Nach seiner Freilassung aus türkischer Haft hat der Journalist Deniz Yücel die Türkei als Willkürstaat kritisiert. In einer Videobotschaft erinnerte an andere in der Türkei verhaftete Journalisten, "die nichts anders getan haben, als ihren Beruf auszuüben". Viele Menschen säßen dort nur im Gefängnis, weil "sie eine oppositionelle Meinung haben", sagte Yücel in der ersten Nachricht nach seiner Freilassung, die am späten Freitagabend vom "Freundeskreis #Free Deniz" auf Facebook veröffentlicht wurde. Inzwischen hat Yücel Berlin bereits wieder verlassen.
In der Videobotschaft kritisierte der 44-Jährige auch die Umstände seiner Freilassung.

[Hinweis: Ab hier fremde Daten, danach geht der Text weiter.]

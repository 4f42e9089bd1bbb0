-- ===== src/Objects/Rows/Lookup.antt =====
-- src/db/repository.rs: a put object is found under its key.
use my_s.Common.{
  List, Text, [], any, arith, false, first, if◌then◌else◌, nat_beq, refl, some, text_beq,
  text_beq_iff, true, ℕ, ◌&&◌, ◌++◌, ◌∷◌, ◌≡◌,
}
use my_s.Database.{Db, ok}
use my_s.Models.{EtagType, ObjectRecord}
use my_s.Objects.Rows.{
  get_object_by_filename_in_bucket, has_active_key, insert_object_tx, is_active, uploaded_row,
}
use my_s.Objects.Rows.Unique.{IsValid, insert_row-IsValid, text_beq_sym}

same_key :
    (key key' : Text) (b b' : ℕ) (l : List ObjectRecord)
    → (nat_beq b b' && text_beq key key') ≡ true
    → any (has_active_key b key) l ≡ false
    → any (has_active_key b' key') l ≡ false
unfolding any
same_key key key' b b' [] e h = refl
same_key key key' b b' (x ∷ l) e h =
    ground (arith, text_beq_iff key key', text_beq_sym key key', same_key key key' b b' l)

lookup_appended :
    (x : ObjectRecord) (key' : Text) (b' : ℕ) (l : List ObjectRecord)
    → is_active x ≡ true
    → any (has_active_key x.bucket_id x.original_filename) l ≡ false
    → first (has_active_key b' key') (l ++ x ∷ []) ≡ (
        if nat_beq x.bucket_id b' && text_beq x.original_filename key'
        then some x
        else first (has_active_key b' key') l)
unfolding first any
lookup_appended x key' b' [] a h = ground arith
lookup_appended x key' b' (y ∷ l) a h =
    ground
      (arith, same_key x.original_filename key' x.bucket_id b' (y ∷ l), lookup_appended x key' b' l)

-- When `insert_object_tx` succeeds, a lookup of an active key in a bucket finds the uploaded row if
-- the key and the bucket are its own, and else what it found before.
pub get_object_by_filename_in_bucket-insert_object_tx :
    (now : ℕ) (key path file_format : Text) (size : ℕ) (etag_type : EtagType) (etag : Text) (b : ℕ)
    (db : Db) (id : ℕ)
    → (insert_object_tx now key path file_format size etag_type etag b db).0 ≡ ok id
    → (key' : Text) (b' : ℕ)
    → get_object_by_filename_in_bucket key' b'
        (insert_object_tx now key path file_format size etag_type etag b db).1
      ≡ (if nat_beq b b' && text_beq key key'
          then some (uploaded_row id now key path file_format size etag_type etag b)
          else get_object_by_filename_in_bucket key' b' db)
unfolding insert_object_tx get_object_by_filename_in_bucket
get_object_by_filename_in_bucket-insert_object_tx now key path file_format size etag_type etag b db
      id h key' b' =
    ground (
      arith,
      lookup_appended (uploaded_row db.next_object now key path file_format size etag_type etag b)
          key' b' db.objects,
    )

-- `insert_object_tx` keeps the constraints of the table and the next id new.
pub insert_object_tx-IsValid :
    (now : ℕ) (key path file_format : Text) (size : ℕ) (etag_type : EtagType) (etag : Text) (b : ℕ)
    (db : Db)
    → IsValid db
    → IsValid (insert_object_tx now key path file_format size etag_type etag b db).1
unfolding insert_object_tx
insert_object_tx-IsValid now key path file_format size etag_type etag b db v =
    insert_row-IsValid (uploaded_row db.next_object now key path file_format size etag_type etag b)
      db refl v
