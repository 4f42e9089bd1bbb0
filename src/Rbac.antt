-- ===== src/Rbac.antt =====
-- src/db/rbac.rs: accounts, roles, permissions, sessions, buckets and settings.
pub mod Accounts
pub mod Roles
pub mod Permissions
pub mod Sessions
pub mod Buckets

Noch am 13. Februar habe eine routinemäßige Haftprüfung die "Fortdauer der Untersuchungshaft" ergeben, nur drei Tage später sei er entlassen worden, sagte Yücel. Die Gründe sowohl seiner Inhaftierung vor einem Jahr, als auch seiner Freilassung am Freitag kenne er nicht. Natürlich freue er sich über seine Freilassung, aber es bleibe ein "bitterer Nachgeschmack" zurück.
Yücel hatte mehr als ein Jahr ohne Anklage in der Nähe von Istanbul in Untersuchungshaft gesessen. Ein Istanbuler Gericht nahm am Freitag die Anklage wegen "Propaganda für eine Terrororganisation" und "Aufstachelung des Volkes zu Hass und Feindseligkeit" an. Dafür drohen Yücel zwischen vier und 18 Jahre Haft. Gleichzeitig verfügte das Gericht aber Yücels Entlassung aus der Haft, ohne eine Ausreisesperre zu verhängen. Am Freitagabend war der Journalist in Berlin-Tegel gelandet.

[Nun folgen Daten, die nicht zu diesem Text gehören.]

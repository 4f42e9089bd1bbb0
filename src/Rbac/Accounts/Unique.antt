-- ===== src/Rbac/Accounts/Unique.antt =====
-- src/db/rbac.rs with migrations/0003_settings_rbac.sql: no two accounts have the same id.
use my_s.Common.{
  Bool, Bool-cases, List, Option, Text, [], any, any-append, arith, false, first, inl, inr, ltb,
  refl, some, text_beq, true, ℕ, ◌++◌, ◌+◌, ◌∷◌, ◌≡◌,
}
use my_s.Database.{Db}
use my_s.Models.{AccountRecord}
use my_s.Rbac.Accounts.{account_exists, create_account, has_account_id, new_account}

unfoldable pub UniqueAccounts : List AccountRecord → Type 0
UniqueAccounts [] = Unit
UniqueAccounts (a ∷ l) = (any (has_account_id a.id) l ≡ false) × UniqueAccounts l

unfoldable pub AccountsBelow : ℕ → List AccountRecord → Type 0
AccountsBelow n [] = Unit
AccountsBelow n (a ∷ l) = (ltb a.id n ≡ true) × AccountsBelow n l

-- The ids differ, and the next one is new.
unfoldable pub ValidAccounts : Db → Type 0
ValidAccounts db = UniqueAccounts db.accounts × AccountsBelow db.next_account db.accounts

other_account :
    (p : AccountRecord → Bool) (x a : AccountRecord) (l : List AccountRecord)
    → any (has_account_id x.id) l ≡ false
    → first p l ≡ some a
    → has_account_id a.id x ≡ false
unfolding any first
other_account p x a [] h f = ground arith
other_account p x a (y ∷ l) h f = ground (arith, other_account p x a l)

-- A row that a query finds is the one that has its id.
pub first_by_id :
    (p : AccountRecord → Bool) (l : List AccountRecord) (a : AccountRecord)
    → UniqueAccounts l
    → first p l ≡ some a
    → first (has_account_id a.id) l ≡ some a
unfolding first UniqueAccounts
first_by_id p [] a u h = ground arith
first_by_id p (x ∷ l) a u h = elim (Bool-cases (p x)) [
  | inl e ↦ ground arith
  | inr e ↦ ground (arith, other_account p x a l u.0, first_by_id p l a u.1)
]

UniqueAccounts-append :
    (x : AccountRecord) (l : List AccountRecord)
    → UniqueAccounts l
    → any (has_account_id x.id) l ≡ false
    → UniqueAccounts (l ++ x ∷ [])
unfolding UniqueAccounts any
UniqueAccounts-append x [] u h = (refl, tt)
UniqueAccounts-append x (a ∷ l) u h =
    ground (arith, any-append (has_account_id a.id) l (x ∷ []), UniqueAccounts-append x l)

AccountsBelow-append :
    (n : ℕ) (x : AccountRecord) (l : List AccountRecord)
    → AccountsBelow n l
    → x.id ≡ n
    → AccountsBelow (n + 1) (l ++ x ∷ [])
unfolding AccountsBelow
AccountsBelow-append n x [] b h = (ground arith, tt)
AccountsBelow-append n x (a ∷ l) b h = (ground arith, AccountsBelow-append n x l b.1 h)

pub fresh_account :
    (n : ℕ) (l : List AccountRecord) → AccountsBelow n l → any (has_account_id n) l ≡ false
unfolding AccountsBelow any
fresh_account n [] b = refl
fresh_account n (a ∷ l) b = ground (arith, fresh_account n l b.1)

-- Accounts are created with new ids.
pub create_account-ValidAccounts :
    (now : ℕ) (username_hex password_hash display_name : Text) (created_by : Option ℕ) (db : Db)
    → ValidAccounts db
    → ValidAccounts (create_account now username_hex password_hash display_name created_by db).1
unfolding create_account ValidAccounts
create_account-ValidAccounts now u p d c db v =
    elim (Bool-cases (any (λ (a : AccountRecord). text_beq a.username_hex u) db.accounts)) [
      | inl e ↦ ground arith
      | inr e ↦ elim (Bool-cases (account_exists db c)) [
        | inr k ↦ ground arith
        | inl k ↦ ground (
          arith,
          fresh_account db.next_account db.accounts v.1,
          UniqueAccounts-append (new_account db.next_account now u p d c) db.accounts v.0,
          AccountsBelow-append db.next_account (new_account db.next_account now u p d c) db.accounts
              v.1,
        )
      ]
    ]
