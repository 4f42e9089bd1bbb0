-- ===== src/Rbac/Buckets.antt =====
-- src/db/rbac.rs: buckets and the recycle-bin settings.
pub mod Deletion
use my_s.Common.{
  Bool, List, Option, Text, [], any, codes, delete, false, first, if◌then◌else◌, map, nat_beq,
  negsuc, none, not, order_by, pos, select, some, text_beq, text_leb, to_nat, true, update, ℕ, ℤ,
  ◌&&◌, ◌++◌, ◌+◌, ◌||◌, ◌∷◌,
}
use my_s.Database.{
  Db, Exec, account_not_found, bail, bucket_not_empty, bucket_not_found, context, err,
  foreign_key_violation, gets, guard, modify, ok, owner_disabled, pure, retention_negative,
  storage_reserved, storage_undeletable, storage_unrenamable, unique_violation, ◌>>=◌, ◌>>◌,
}
use my_s.Models.{
  AppSettings, BucketNodeAssignment, BucketRecord, EtagType, ObjectRecord, RetentionUnit,
  RoleBucketPermission, RoleRecord, ShareLinkRecord, full, md5,
}
use my_s.Rbac.Accounts.{account_exists, get_account_by_id}
use my_s.Rbac.Permissions.{get_bucket_by_id, has_bucket_id, upsert_role_permission}
use my_s.Rbac.Roles.{get_owner_role}

abbrev pub storage : Text
storage = codes "storage"

abbrev pub has_name : Text → BucketRecord → Bool
has_name name b = text_beq b.name name

unfoldable pub get_bucket_by_name : Text → Db → Option BucketRecord
get_bucket_by_name name db = first (has_name name) db.buckets

-- A row with the defaults of the schema.
abbrev new_bucket : ℕ → ℕ → Text → Option ℕ → EtagType → BucketRecord
new_bucket now id name owner etag_type = record {
  id = id;
  name = name;
  created_utc = now;
  owner_account_id = owner;
  replicate_to_all = true;
  etag_type = etag_type;
  etag_rehash_status = none;
  etag_rehash_processed = 0;
  etag_rehash_total = 0;
  etag_rehash_error = none;
}

-- INSERT INTO bucket … RETURNING id
unfoldable pub insert_bucket : ℕ → Text → Option ℕ → EtagType → Exec Db ℕ
insert_bucket now name owner etag_type db =
    if any (has_name name) db.buckets
    then (err unique_violation, db)
    else if not (account_exists db owner)
    then (err foreign_key_violation, db)
    else (
      ok db.next_bucket,
      record db {
        buckets = db.buckets ++ new_bucket now db.next_bucket name owner etag_type ∷ [];
        next_bucket = db.next_bucket + 1;
      },
    )

-- Full rights on the bucket for the owner role, if there is one.
abbrev grant_owner_role : ℕ → Option RoleRecord → Exec Db (Unit {0})
grant_owner_role id none = pure tt
grant_owner_role id (some owner) = upsert_role_permission owner.id id full

abbrev pub ensure_found : ℕ → Text → Option BucketRecord → Exec Db ℕ
ensure_found now name (some b) = pure b.id
ensure_found now name none = do
  id ← insert_bucket now name none md5
  owner ← gets get_owner_role
  grant_owner_role id owner
  pure id

unfoldable pub ensure_bucket : ℕ → Text → Exec Db ℕ
ensure_bucket now name db = ensure_found now name (get_bucket_by_name name db) db

unfoldable pub create_bucket : ℕ → Text → ℕ → EtagType → Exec Db BucketRecord
create_bucket now name owner_account_id etag_type = do
  id ← insert_bucket now name (some owner_account_id) etag_type
  owner ← gets get_owner_role
  grant_owner_role id owner
  λ db. context (get_bucket_by_id id db) bucket_not_found db

abbrev is_unowned : BucketRecord → Bool
is_unowned b = elim b.owner_account_id [ none ↦ true | some _ ↦ false ]

unfoldable pub claim_unowned_buckets : ℕ → Db → Db
claim_unowned_buckets account_id db = record db {
  buckets = update is_unowned (λ b. record b { owner_account_id = some account_id }) db.buckets;
}

abbrev set_name : ℕ → Text → Exec Db BucketRecord
set_name id new_name db =
    if any (λ (b : BucketRecord). has_name new_name b && not (nat_beq b.id id)) db.buckets
    then (err unique_violation, db)
    else let db' : Db = record db {
      buckets = update (has_bucket_id id) (λ b. record b { name = new_name }) db.buckets;
    } in
      context (get_bucket_by_id id db') bucket_not_found db'

unfoldable pub rename_bucket : ℕ → Text → Exec Db BucketRecord
rename_bucket id new_name = do
  bucket ← λ db. context (get_bucket_by_id id db) bucket_not_found db
  if text_beq bucket.name storage
      then bail storage_unrenamable
      else if text_beq new_name storage
      then bail storage_reserved
      else if text_beq new_name bucket.name
      then pure bucket
      else set_name id new_name

unfoldable pub set_bucket_owner : ℕ → ℕ → Exec Db BucketRecord
set_bucket_owner id new_owner_id = do
  _ ← λ db. context (get_bucket_by_id id db) bucket_not_found db
  account ← λ db. context (get_account_by_id new_owner_id db) account_not_found db
  guard (not account.is_disabled) owner_disabled
  modify (λ db. record db {
    buckets =
        update (has_bucket_id id) (λ b. record b { owner_account_id = some new_owner_id })
          db.buckets;
  })
  λ db. context (get_bucket_by_id id db) bucket_not_found db

abbrev pub in_bucket : ℕ → ObjectRecord → Bool
in_bucket bucket_id o = nat_beq o.bucket_id bucket_id

-- Object ids in a bucket, active and soft-deleted.
unfoldable pub list_object_ids_in_bucket : ℕ → Db → List ℕ
list_object_ids_in_bucket bucket_id db =
    map (λ (o : ObjectRecord). o.id) (select (in_bucket bucket_id) db.objects)

abbrev pub share_in_bucket : ℕ → ShareLinkRecord → Bool
share_in_bucket bucket_id s = nat_beq s.bucket_id bucket_id

-- DELETE FROM bucket: objects and share links that refer to it forbid it; permissions and node
-- assignments go with it.
unfoldable pub delete_bucket_row : ℕ → Exec Db (Unit {0})
delete_bucket_row id db =
    if any (in_bucket id) db.objects || any (share_in_bucket id) db.shares
    then (err foreign_key_violation, db)
    else (
      ok tt,
      record db {
        buckets = delete (has_bucket_id id) db.buckets;
        permissions = delete (λ (p : RoleBucketPermission). nat_beq p.bucket_id id) db.permissions;
        assignments = delete (λ (a : BucketNodeAssignment). nat_beq a.bucket_id id) db.assignments;
      },
    )

unfoldable pub delete_bucket : ℕ → Exec Db (Unit {0})
unfolding delete_bucket_row
delete_bucket id = do
  bucket ← λ db. context (get_bucket_by_id id db) bucket_not_found db
  guard (not (text_beq bucket.name storage)) storage_undeletable
  remaining ← gets (λ db. any (in_bucket id) db.objects)
  guard (not remaining) bucket_not_empty
  delete_bucket_row id

unfoldable pub get_settings : Db → AppSettings
get_settings db = db.settings

abbrev is_negative : ℤ → Bool
is_negative (pos n) = false
is_negative (negsuc n) = true

unfoldable pub set_recycle_retention : ℤ → RetentionUnit → Exec Db AppSettings
unfolding get_settings
set_recycle_retention value unit = do
  guard (not (is_negative value)) retention_negative
  modify (λ db. record db {
    settings = record { recycle_retention_value = to_nat value; recycle_retention_unit = unit };
  })
  gets get_settings

-- ORDER BY name ASC
unfoldable pub list_buckets : Db → List BucketRecord
list_buckets db = order_by (λ (a b : BucketRecord). text_leb a.name b.name) db.buckets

Am Samstag teilte der "Welt"-Korrespondent auf Twitter mit: "Ich bin nicht in Deutschland. Aber ich bin unter Freunden." Auf einem Foto sieht man Yücel mit seiner Ehefrau und acht weiteren Personen.
Kurz danach rief "Welt"-Chefredakteur Ulf Poschardt insbesondere die Medien auf, Yücel in Ruhe zu lassen. Die Zeitung bekomme Dutzende von Anfragen zu Yücel. "Deniz geht es gut, er genießt sein Leben in Freiheit, wir lassen ihn in Ruhe. Einverstanden?", teilte Poschardt am Samstag ebenfalls auf Twitter mit.
Das Auswärtige Amt kündigte an, sich nun mit gleicher Kraft für andere zu Unrecht Inhaftierte in der Türkei einzusetzen. Staatsminister Michael Roth (SPD), betonte, man müsse jetzt weiter mit der türkischen Seite im Gespräch bleiben. Es seien noch fünf deutsche Staatsbürger mutmaßlich aus politischen Gründen in der Türkei in Haft, sagte Roth am Samstag im Inforadio von Rundfunk Berlin-Brandenburg.
Zugleich bekräftigte der Staatsminister, es habe im Fall Yücel "keinerlei Deals und erst recht keine schmutzigen Deals", also keine Rüstungszugeständnisse, gegeben. Die Türkei könne von Deutschland "nichts erwarten - außer, dass wir im Gespräch bleiben". Auch Bundesaußenminister Sigmar Gabriel (SPD) hatte am Freitagabend in den "ARD-Tagesthemen" betont: "Es gibt keinen Deal, weder einen schmutzigen, noch einen sauberen."
Unionsfraktionschef Volker Kauder unterstrich, dass es bis zur einer Normalisierung der Beziehungen mit der Türkei "noch ein weiter Weg" sei. Mit Yücels Freilassung seien die Probleme in den bilateralen Beziehungen noch nicht ausgeräumt, sagte Kauder der "Rheinischen Post" (Online). Ex-Grünen-Chef Cem Özdemir forderte weiterhin eine harte Gangart mit der Türkei. Deutschland solle mit wirtschaftlichen Sanktionen drohen, wenn Ankara nicht zur Rechtsstaatlichkeit zurückkehre, sagte er der "Passauer Neuen Presse" (Samstag).